CVE-1999-1090

Step 1: Target Identification: The attacker identifies a system running NCSA Telnet for Macintosh or PC. This can be achieved through port scanning (port 21 for FTP). Step 2: FTP Connection: The attacker establishes an FTP connection to the vulnerable system using a standard FTP client. Step 3: Authentication Bypass: Because FTP is enabled by default and lacks proper access controls, the attacker does not need to authenticate. Step 4: File Access: The attacker uses standard FTP commands (e.g., GET, PUT, LIST) to read, write, and potentially modify files on the target system. Step 5: System Compromise: Depending on the accessed files, the attacker can gain further access, potentially leading to complete system compromise or data exfiltration.

The vulnerability stems from an insecure default configuration in NCSA Telnet.
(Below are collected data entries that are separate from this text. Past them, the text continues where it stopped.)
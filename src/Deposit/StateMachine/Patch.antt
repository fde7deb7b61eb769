-- ===== src/Deposit/StateMachine/Patch.antt =====
-- The columns that a transition may write beside the status: `TransitionPatch` and `toPrismaPatch`
-- of src/modules/deposit/deposit-state.machine.ts. A patch lists the keys that the caller set.
use telegram_mini_app.Prelude.{ℕ, List, [], ◌∷◌, Option}
use telegram_mini_app.Prelude.Integers.{ℤ}
use telegram_mini_app.Prelude.Text.{Text}
use telegram_mini_app.Types.{RejectionCode, CreditVerifiedBy}
use telegram_mini_app.Db.Rows.{Deposit}

pub data PatchField : Type 0 where
  verified_amount_minor credited_amount_minor : Option ℤ → PatchField
  balance_before_minor balance_after_minor : Option ℤ → PatchField
  fee_minor : ℤ → PatchField
  expires_at submitted_at review_started_at decided_at : Option ℕ → PatchField
  second_approved_at credited_at : Option ℕ → PatchField
  decided_by_admin_id second_approver_admin_id : Option Text → PatchField
  rejection_code : Option RejectionCode → PatchField
  credit_key_epoch credit_attempts : ℕ → PatchField
  credit_verified_by : Option CreditVerifiedBy → PatchField
  ledger_claim_tx_id ledger_credit_tx_id : Option Text → PatchField
  external_reference sender_account : Option Text → PatchField
  rejection_note payment_destination_id : Option Text → PatchField
  admin_chat_id admin_message_id admin_thread_id : Option ℤ → PatchField

unfoldable pub apply_field : PatchField → Deposit → Deposit
apply_field (verified_amount_minor v) d = record d { verified_amount_minor = v }
apply_field (credited_amount_minor v) d = record d { credited_amount_minor = v }
apply_field (balance_before_minor v) d = record d { balance_before_minor = v }
apply_field (balance_after_minor v) d = record d { balance_after_minor = v }
apply_field (fee_minor v) d = record d { fee_minor = v }
apply_field (expires_at v) d = record d { expires_at = v }
apply_field (submitted_at v) d = record d { submitted_at = v }
apply_field (review_started_at v) d = record d { review_started_at = v }
apply_field (decided_at v) d = record d { decided_at = v }
apply_field (second_approved_at v) d = record d { second_approved_at = v }
apply_field (credited_at v) d = record d { credited_at = v }
apply_field (decided_by_admin_id v) d = record d { decided_by_admin_id = v }
apply_field (second_approver_admin_id v) d = record d { second_approver_admin_id = v }
apply_field (rejection_code v) d = record d { rejection_code = v }
apply_field (credit_key_epoch v) d = record d { credit_key_epoch = v }
apply_field (credit_attempts v) d = record d { credit_attempts = v }
apply_field (credit_verified_by v) d = record d { credit_verified_by = v }
apply_field (ledger_claim_tx_id v) d = record d { ledger_claim_tx_id = v }
apply_field (ledger_credit_tx_id v) d = record d { ledger_credit_tx_id = v }
apply_field (external_reference v) d = record d { external_reference = v }
apply_field (sender_account v) d = record d { sender_account = v }
apply_field (rejection_note v) d = record d { rejection_note = v }
apply_field (payment_destination_id v) d = record d { payment_destination_id = v }
apply_field (admin_chat_id v) d = record d { admin_chat_id = v }
apply_field (admin_message_id v) d = record d { admin_message_id = v }
apply_field (admin_thread_id v) d = record d { admin_thread_id = v }

unfoldable pub apply_patch : List PatchField → Deposit → Deposit
unfolding apply_field
apply_patch [] d = d
apply_patch (f ∷ fs) d = apply_patch fs (apply_field f d)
The software enables FTP functionality even without an explicit configuration directive. This implicit enablement allows attackers to bypass authentication and access the file system. The root cause is a design flaw where the FTP server is started by default, and the lack of a secure-by-default configuration allows unauthorized access. The absence of proper access controls and authentication mechanisms for FTP, coupled with the default enablement, creates a significant security gap. This is not a technical flaw like a buffer overflow or race condition, but rather a configuration issue that allows unintended functionality to be exposed.